== Requirement ==
Give back exactly the stretch of data below from the line holding "(acquire_key_slot key s)).1" through the line holding "held-Solvent (some h) body s1 n", both ends included, and leave the remaining lines out.

[Stored data entries]
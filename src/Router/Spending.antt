-- ===== src/Router/Spending.antt =====
-- The hourly compute budget.
use mathlib.Core.Path.{ap₂}
use llama_net.Router.Slots.{
  SameBudgets, select-SameBudgets, stopped, through, held_way, route_after, after_acquire, acquired,
  inflight,
}
use llama_net.Prelude.{
  some_inj, ℕ, ◌+◌, ◌*◌, ◌/◌, ◌≤◌, ◌≡◌, refl, sym, ◌∙◌, ap, subst, List, Bool, Option, none, some,
  String, str_eq, arith, Bool-cases, Option-cases, inl, inr, if◌then◌else◌,
}
use llama_net.Prelude.Dict
use llama_net.Prelude.Dict.{Dict}
use llama_net.Prelude.Int.{ℤ, pos, ◌+ℤ◌, ◌≤ℤ◌, int_laws}
use llama_net.Json.{Fields}
use llama_net.Router.State.{second, Hour, Node, ModelRouter, World, Write, Response}
use llama_net.Router.Budget.{
  key_hash, current_entry, check_compute_budget, record_compute_usage, acquire_key_slot,
  release_key_slot,
}
use llama_net.Router.Route.{
  object, Endpoint, Cost, Plan, request_cost, dispatched, route_planned, route_held, route,
}

abbrev pub hour_of : ℕ → ℕ
hour_of now = now / (3600 * second)

-- No key has spent more than the budget in the hour of its entry, which is not ahead of the clock.
pub record EntrySound (budget : ℤ) (now : ℕ) (e : Hour) : Type 0 where
  pub nonneg : pos 0 ≤ℤ e.used
  pub within : e.used ≤ℤ budget
  pub not_ahead : e.hour ≤ hour_of now

pub record Solvent (budget : ℤ) (now : ℕ) (s : ModelRouter) : Type 0 where
  pub same_budget : s.hourly_compute_budget ≡ budget
  pub entries :
      (h : String) (e : Hour) → Dict.get s.key_hourly_compute h ≡ some e → EntrySound budget now e

-- The entry that a later reading of the clock finds has spent no more.
later_entry :
    (budget : ℤ) (h : String) (t u : ℕ) (s : ModelRouter)
    → Solvent budget t s
    → t ≤ u
    → (pos 0 ≤ℤ (current_entry h u s).used)
      × ((current_entry h u s).used ≤ℤ (current_entry h t s).used)
      × ((current_entry h u s).hour ≡ hour_of u)
unfolding current_entry
later_entry budget h t u s v le = elim (Option-cases (Dict.get s.key_hourly_compute h)) [
  | inl q ↦ ground arith
  | inr (e, q) ↦ let sound = v.entries h e q in ground arith
]

Solvent-later :
    (budget : ℤ) (t u : ℕ) (s : ModelRouter) → t ≤ u → Solvent budget t s → Solvent budget u s
Solvent-later budget t u s le v = record {
  same_budget = v.same_budget;
  entries = λ h e q.
      let sound = v.entries h e q in
      record {
        nonneg = sound.nonneg;
        within = sound.within;
        not_ahead = omega (arith, sound.not_ahead);
      };
}

Solvent-same :
    (budget : ℤ) (t : ℕ) (s s' : ModelRouter)
    → SameBudgets s s'
    → Solvent budget t s
    → Solvent budget t s'
Solvent-same budget t s s' same v = record {
  same_budget = same.hourly_compute_budget ∙ v.same_budget;
  entries = λ h e q.
      v.entries h e (ap (λ (d : Dict Hour). Dict.get d h) (sym same.key_hourly_compute) ∙ q);
}

check_same :
    (key : Option String) (cost : ℤ) (now : ℕ) (s s' : ModelRouter)
    → SameBudgets s s'
    → check_compute_budget key cost now s' ≡ check_compute_budget key cost now s
unfolding check_compute_budget current_entry
check_same none cost now s s' same = refl
check_same (some h) cost now s s' same =
    ap₂
      (λ (d : Dict Hour) (b : ℤ).
        check_compute_budget (some h) cost now
          (record s { key_hourly_compute = d; hourly_compute_budget = b }))
      same.key_hourly_compute same.hourly_compute_budget

fits_budget :
    (budget : ℤ) (h : String) (cost : ℤ) (t u : ℕ) (s : ModelRouter)
    → Solvent budget t s
    → pos 0 ≤ℤ cost
    → t ≤ u
    → check_compute_budget (some h) cost t s ≡ none
    → EntrySound budget u
        (record (current_entry h u s) { used = (current_entry h u s).used +ℤ cost })
fits_budget budget h cost t u s v c le q =
    let later = later_entry budget h t u s v le in
    let room : (current_entry h t s).used +ℤ cost ≤ℤ s.hourly_compute_budget =
      unfold check_compute_budget in ground (arith, q) in
    let room' = subst (λ b. (current_entry h t s).used +ℤ cost ≤ℤ b) v.same_budget room in
    record {
      nonneg = omega (int_laws, later, c);
      within = omega (int_laws, later, room');
      not_ahead = omega (arith, later.2);
    }

spend_sound :
    (budget : ℤ) (key : Option String) (cost : ℤ) (t u : ℕ) (s : ModelRouter)
    → Solvent budget t s
    → pos 0 ≤ℤ cost
    → t ≤ u
    → check_compute_budget key cost t s ≡ none
    → Solvent budget u (record_compute_usage key cost u s)
unfolding record_compute_usage
spend_sound budget none cost t u s v c le q = Solvent-later budget t u s le v
spend_sound budget (some h) cost t u s v c le q = record {
  same_budget = v.same_budget;
  entries = λ j e g.
      let new = record (current_entry h u s) { used = (current_entry h u s).used +ℤ cost } in
      let g' : (if str_eq h j then some new else Dict.get s.key_hourly_compute j) ≡ some e =
        sym (Dict.get-put s.key_hourly_compute h j new) ∙ g in
      elim (Bool-cases (str_eq h j)) [
        | inl y ↦
            let eq : new ≡ e = some_inj (
              subst
                (λ (b : Bool). (if b then some new else Dict.get s.key_hourly_compute j) ≡ some e) y
                g') in
            subst (EntrySound budget u) eq (fits_budget budget h cost t u s v c le q)
        | inr f ↦ (Solvent-later budget t u s le v).entries j e (
            subst (λ (b : Bool). (if b then some new else Dict.get s.key_hourly_compute j) ≡ some e)
              f g')
      ];
}

module _ (w : World) (clock : ℕ → ℕ) (e : Endpoint) (budget : ℤ) (ordered : clock 0 ≤ clock 4) where
  dispatched-Solvent :
      (key : Option String) (body : Fields) (c : Cost) (r : Option Node × ModelRouter)
      → Solvent budget (clock 0) r.1
      → pos 0 ≤ℤ c.units
      → check_compute_budget key c.units (clock 0) r.1 ≡ none
      → Solvent budget (clock 4) (dispatched w e key body c (clock 4) r).1
  dispatched-Solvent key body c (none, s) v n q =
      Solvent-later budget (clock 0) (clock 4) s ordered v
  dispatched-Solvent key body c (some m, s) v n q =
      spend_sound budget key c.units (clock 0) (clock 4) s v n ordered q

  planned-Solvent :
      (key : Option String) (body : Fields) (c : Cost) (p : Plan) (s : ModelRouter)
      → pos 0 ≤ℤ c.units
      → check_compute_budget key c.units (clock 0) s ≡ none
      → Solvent budget (clock 0) s
      → Solvent budget (clock 4) (route_planned w clock e key body c p s).1
  planned-Solvent key body c p s n q v =
      unfold route_planned in
      (let same =
          select-SameBudgets _ _ p.prefix p.min_ctx w.draw (clock 1) (clock 2) (clock 3) _ s in
        dispatched-Solvent key body c _ (Solvent-same budget (clock 0) s _ same v) n
          (check_same key c.units (clock 0) s _ same ∙ q))

  held-Solvent :
      (key : Option String) (body : Fields) (s : ModelRouter)
      → ((c : Cost) → request_cost w body ≡ some c → pos 0 ≤ℤ c.units)
      → Solvent budget (clock 0) s
      → Solvent budget (clock 4) (route_held w clock e key body s).1
  held-Solvent key body s n v = elim (held_way w clock e key body s) [
    | stopped r q ↦
        subst (λ (x : Response × ModelRouter × List Write). Solvent budget (clock 4) x.1) (sym q)
          (Solvent-later budget (clock 0) (clock 4) s ordered v)
    | through c p a b q ↦
        subst (λ (x : Response × ModelRouter × List Write). Solvent budget (clock 4) x.1) (sym q)
          (planned-Solvent key body c p s (n c a) b v)
  ]

  acquired-Solvent :
      (key : Option String) (body : Fields) (s : ModelRouter)
      → ((c : Cost) → request_cost w body ≡ some c → pos 0 ≤ℤ c.units)
      → Solvent budget (clock 0) s
      → Solvent budget (clock 4) (after_acquire w clock e key body (acquire_key_slot key s)).1
  acquired-Solvent none body s n v =
      unfold acquire_key_slot release_key_slot in held-Solvent none body s n v
  acquired-Solvent (some h) body s n v = elim (acquired h s) [
    | inl (q, _) ↦
        subst (λ x. Solvent budget (clock 4) (after_acquire w clock e (some h) body x).1) (sym q)
          (Solvent-later budget (clock 0) (clock 4) s ordered v)
    | inr (q, _) ↦
        let s1 = record s { key_inflight = Dict.put s.key_inflight h (inflight s h + 1) } in
        let held =
          held-Solvent (some h) body s1 n
            (record { same_budget = v.same_budget; entries = v.entries }) in
        subst (λ x. Solvent budget (clock 4) (after_acquire w clock e (some h) body x).1) (sym q)
          (unfold release_key_slot in
            record { same_budget = held.same_budget; entries = held.entries })
  ]

  -- A request handled by itself keeps every key within its hourly compute budget: if no entry of the
  -- table exceeds the budget, is negative or lies ahead of the clock, then none does afterwards,
  -- whatever the answer. The clock does not run backwards between the check and the record, and
  -- what the request is reckoned to cost, if anything, is not negative.
  pub route_keeps_budget :
      (auth : Option String) (body : Fields) (s : ModelRouter)
      → ((c : Cost) → request_cost w body ≡ some c → pos 0 ≤ℤ c.units)
      → Solvent budget (clock 0) s
      → Solvent budget (clock 4) (route w clock e auth (object body) s).1
  route_keeps_budget auth body s n v =
      subst (λ (x : Response × ModelRouter × List Write). Solvent budget (clock 4) x.1)
        (sym (route_after w clock e auth body s)) (acquired-Solvent (key_hash w auth) body s n v)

== Expected answer ==
      → Solvent budget (clock 4) (after_acquire w clock e key body (acquire_key_slot key s)).1
  acquired-Solvent none body s n v =
      unfold acquire_key_slot release_key_slot in held-Solvent none body s n v
  acquired-Solvent (some h) body s n v = elim (acquired h s) [
    | inl (q, _) ↦
        subst (λ x. Solvent budget (clock 4) (after_acquire w clock e (some h) body x).1) (sym q)
          (Solvent-later budget (clock 0) (clock 4) s ordered v)
    | inr (q, _) ↦
        let s1 = record s { key_inflight = Dict.put s.key_inflight h (inflight s h + 1) } in
        let held =
          held-Solvent (some h) body s1 n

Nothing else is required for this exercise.